Pionero en crear partes humanas

La producción de partes del cuerpo humano en laboratorio, por medio de la biotecnología, ha convertido al Instituto Tecnológico de Costa Rica (Tec) en pionero en este campo en América Latina.
En Estados Unidos se produce piel humana in vitro pero solo en forma privada, es decir únicamente para quienes puedan pagarla si la necesitan.
En el Laboratorio de Ingeniería de Tejidos del Tec se crean piel, venas, arterias, huesos y tendones entre otros, a partir de células del paciente, tal como lo explica una nota de este medio el martes anterior. En el caso de las válvulas cardiacas, esta opción puede significar una oportunidad de vida.
A esta buena noticia hay que agregar que afortunadamente cualquier costarricense que necesite una o más de estas partes para recuperar su salud o aliviar, por ejemplo, el fuerte dolor de los tratamientos en casos de quemaduras, puede acceder a ellos.
Esto porque cuenta el país con un sistema de instituciones públicas para atender la salud de modo que los nuevos adelantos del Tec en esta materia pueden ser utilizados por los hospitales de la Caja para múltiples tipos de tratamientos.
Actualmente, es en la Unidad de Quemados del Hospital San Juan de Dios, donde especialistas en cirugía plástica tratan y dan seguimiento a las personas que reciben los injertos.
Un ejemplo más de lo que puede lograr un país como el nuestro que, aunque pequeño, escogió tener sistemas públicos solidarios, evitando así la discriminación de quienes no cuenten con suficientes recursos económicos para áreas vitales como la salud.
Es de este modo como debería avanzar el país en materia de investigación e innovación, tanto en el campo privado como en el público.

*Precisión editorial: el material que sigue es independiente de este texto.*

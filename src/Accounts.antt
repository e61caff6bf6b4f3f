-- ===== src/Accounts.antt =====
-- backend/app/api/users.py and backend/app/services/account_deletion.py: the profile, the password,
-- and the deletion of an account.
pub mod Plans
pub mod Others
pub mod Admins
pub mod Outcomes
use chore_app.Base.{
  ℕ, String, Bool, true, false, ◌&&◌, not, Option, none, some, List, [], ◌∷◌, ◌++◌, map, leb, ◌==◌,
  filter, any, count, update_where, if◌then◌else◌,
}
use chore_app.Models.{
  User, Household, HouseholdMembership, Database, is_admin, delete_households, delete_user,
}
use chore_app.Session.{
  Action, forbidden, pure, raise_if, ◌>>=◌, ◌>>◌, query, scalar_one_or_none, write,
}
use chore_app.Engine.{Engine}
use chore_app.Security.{Crypto, hash_password, verify_password}
use chore_app.Auth.{UserResponse, user_response, revoke_all}
use chore_app.Assignment.{household_rows}
use chore_app.Households.{count_active_members}
use chore_app.Redistribution.{redistribute_chores_for_removed_member}
use chore_app.Members.{with_membership, deactivate, refuse_sole_admin}

-- Columns of one user, written on the row with that primary key.
abbrev pub with_user : ℕ → (User → User) → Database → Database
with_user user_id f db = record db { users = update_where (λ u. u.id == user_id) f db.users }

abbrev pub set_display_name : String → User → User
set_display_name name u = record u { display_name = name }

abbrev pub set_password_hash : String → User → User
set_password_hash hashed u = record u { password_hash = hashed }

-- PATCH /users/me
unfoldable pub update_profile : String → User → Action UserResponse
update_profile display_name current_user = do
  write (with_user current_user.id (set_display_name display_name))
  pure (user_response (set_display_name display_name current_user))

-- What pass 1 decides: the households to delete and the memberships to leave.
pub record Plan : Type 0 where
  pub households_to_delete : List ℕ
  pub memberships_to_leave : List HouseholdMembership

abbrev pub found_households : Option Household → List ℕ
found_households none = []
found_households (some h) = h.id ∷ []

-- The body of the loop of pass 1.
unfoldable pub plan_sole : HouseholdMembership → Action Plan
plan_sole m = do
  rows ← query (household_rows m.household_id)
  household ← scalar_one_or_none rows
  pure (record { households_to_delete = found_households household; memberships_to_leave = [] })

unfoldable pub plan_shared : HouseholdMembership → Action Plan
plan_shared m = do
  refuse_sole_admin (is_admin m.role) m.household_id
  pure (record { households_to_delete = []; memberships_to_leave = m ∷ [] })

unfoldable pub plan_membership : HouseholdMembership → Action Plan
plan_membership m = do
  member_count ← query (count_active_members m.household_id)
  if leb member_count 1 then plan_sole m else plan_shared m

unfoldable pub plan_all : List HouseholdMembership → Action Plan
plan_all [] = pure (record { households_to_delete = []; memberships_to_leave = [] })
plan_all (m ∷ ms) = do
  one ← plan_membership m
  rest ← plan_all ms
  pure (record {
    households_to_delete = one.households_to_delete ++ rest.households_to_delete;
    memberships_to_leave = one.memberships_to_leave ++ rest.memberships_to_leave;
  })

-- `if households_to_delete:` and the DELETE.
abbrev pub delete_planned : List ℕ → Database → Database
delete_planned [] db = db
delete_planned (i ∷ ids) db = delete_households (λ h. any (λ j. j == h) (i ∷ ids)) db

-- `for membership in memberships_to_leave: membership.is_active = False`
unfoldable pub leave_all : List HouseholdMembership → Database → Database
leave_all [] db = db
leave_all (m ∷ ms) db = leave_all ms (with_membership m.id deactivate db)

module _ (engine : Engine) where
  -- The redistribution in every household that the user leaves.
  unfoldable pub redistribute_all : ℕ → List HouseholdMembership → Action (Unit {0})
  redistribute_all user_id [] = pure tt
  redistribute_all user_id (m ∷ ms) = do
    redistribute_chores_for_removed_member engine user_id m.household_id
    redistribute_all user_id ms

  -- `delete_user_account`
  unfoldable pub delete_user_account : ℕ → ℕ → Action (Unit {0})
  delete_user_account user_id now = do
    memberships ← query (λ db.
        engine.scan HouseholdMembership
          (filter (λ m. m.user_id == user_id && m.is_active) db.memberships))
    plan ← plan_all memberships
    write (delete_planned plan.households_to_delete)
    write (leave_all plan.memberships_to_leave)
    redistribute_all user_id plan.memberships_to_leave
    write (revoke_all user_id now)
    write (delete_user user_id)

  module _ (crypto : Crypto) where
    -- DELETE /users/me
    unfoldable pub delete_account : String → User → ℕ → Action (Unit {0})
    delete_account current_password current_user now = do
      verified ← verify_password crypto current_password current_user.password_hash
      raise_if (not verified) forbidden
      delete_user_account current_user.id now

module _ (crypto : Crypto) where
  -- POST /users/me/password, with the salt that is drawn.
  unfoldable pub change_password : String → String → User → String → ℕ → Action (Unit {0})
  change_password current_password new_password current_user salt now = do
    verified ← verify_password crypto current_password current_user.password_hash
    raise_if (not verified) forbidden
    hashed ← hash_password crypto new_password salt
    write (with_user current_user.id (set_password_hash hashed))
    write (revoke_all current_user.id now)
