-- ===== src/Session/Outcomes.antt =====
-- The outcomes of an action, and of a request that backend/app/db/session.py wraps in a
-- transaction.
use chore_app.Base.{◌≡◌, refl, ap, ◌⊎◌, inl, inr}
use chore_app.Models.{Database}
use chore_app.Session.{Session, Error, Result, ok, err, Action, get_db}

-- A request fails and leaves the database as it was, or it answers and `Q` holds of the database
-- that stays.
abbrev pub Serves : {A : Type 0} → Action A → Database → (Database → Type 0) → Type 0
Serves {A} m db Q =
    ((e : Error) × (get_db m db ≡ (err e, db)))
    ⊎ ((a : A) × (after : Database) × (get_db m db ≡ (ok a, after)) × Q after)

abbrev pub begin : Database → Session
begin db = record { working = db; committed = db }

-- The outcome of an action, with the session at its end.
pub Result-cases :
    {A : Type 0} (m : Action A) (s : Session)
    → ((e : Error) × (m s ≡ (err e, (m s).1))) ⊎ ((a : A) × (m s ≡ (ok a, (m s).1)))
Result-cases {A} m s = go (m s).0 refl
  where
    go :
        (r : Result A)
        → (m s).0 ≡ r
        → ((e : Error) × (m s ≡ (err e, (m s).1))) ⊎ ((a : A) × (m s ≡ (ok a, (m s).1)))
    go (ok a) e = inr (a, ap (λ r. (r, (m s).1)) e)
    go (err x) e = inl (x, ap (λ r. (r, (m s).1)) e)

Y eso puede ser una realidad en Costa Rica si solo se contara con la voluntad política para implementar políticas de Estado en ese sentido.
Lo que en teoría se ha llamado desde hace tantos años “coordinación interinstitucional”, debería al fin ponerse en práctica para una sinergia que potencialice los efectos de las instituciones que los contribuyentes mantenemos.
La medicina y la investigación privadas, a su vez, que van contando cada día con mayores avances en la materia, podrían, quizás, transferir tecnologías y experiencias a los hospitales públicos cuando ese fuera el caso, en algún tipo de intercambio que resultara beneficioso para ambas partes.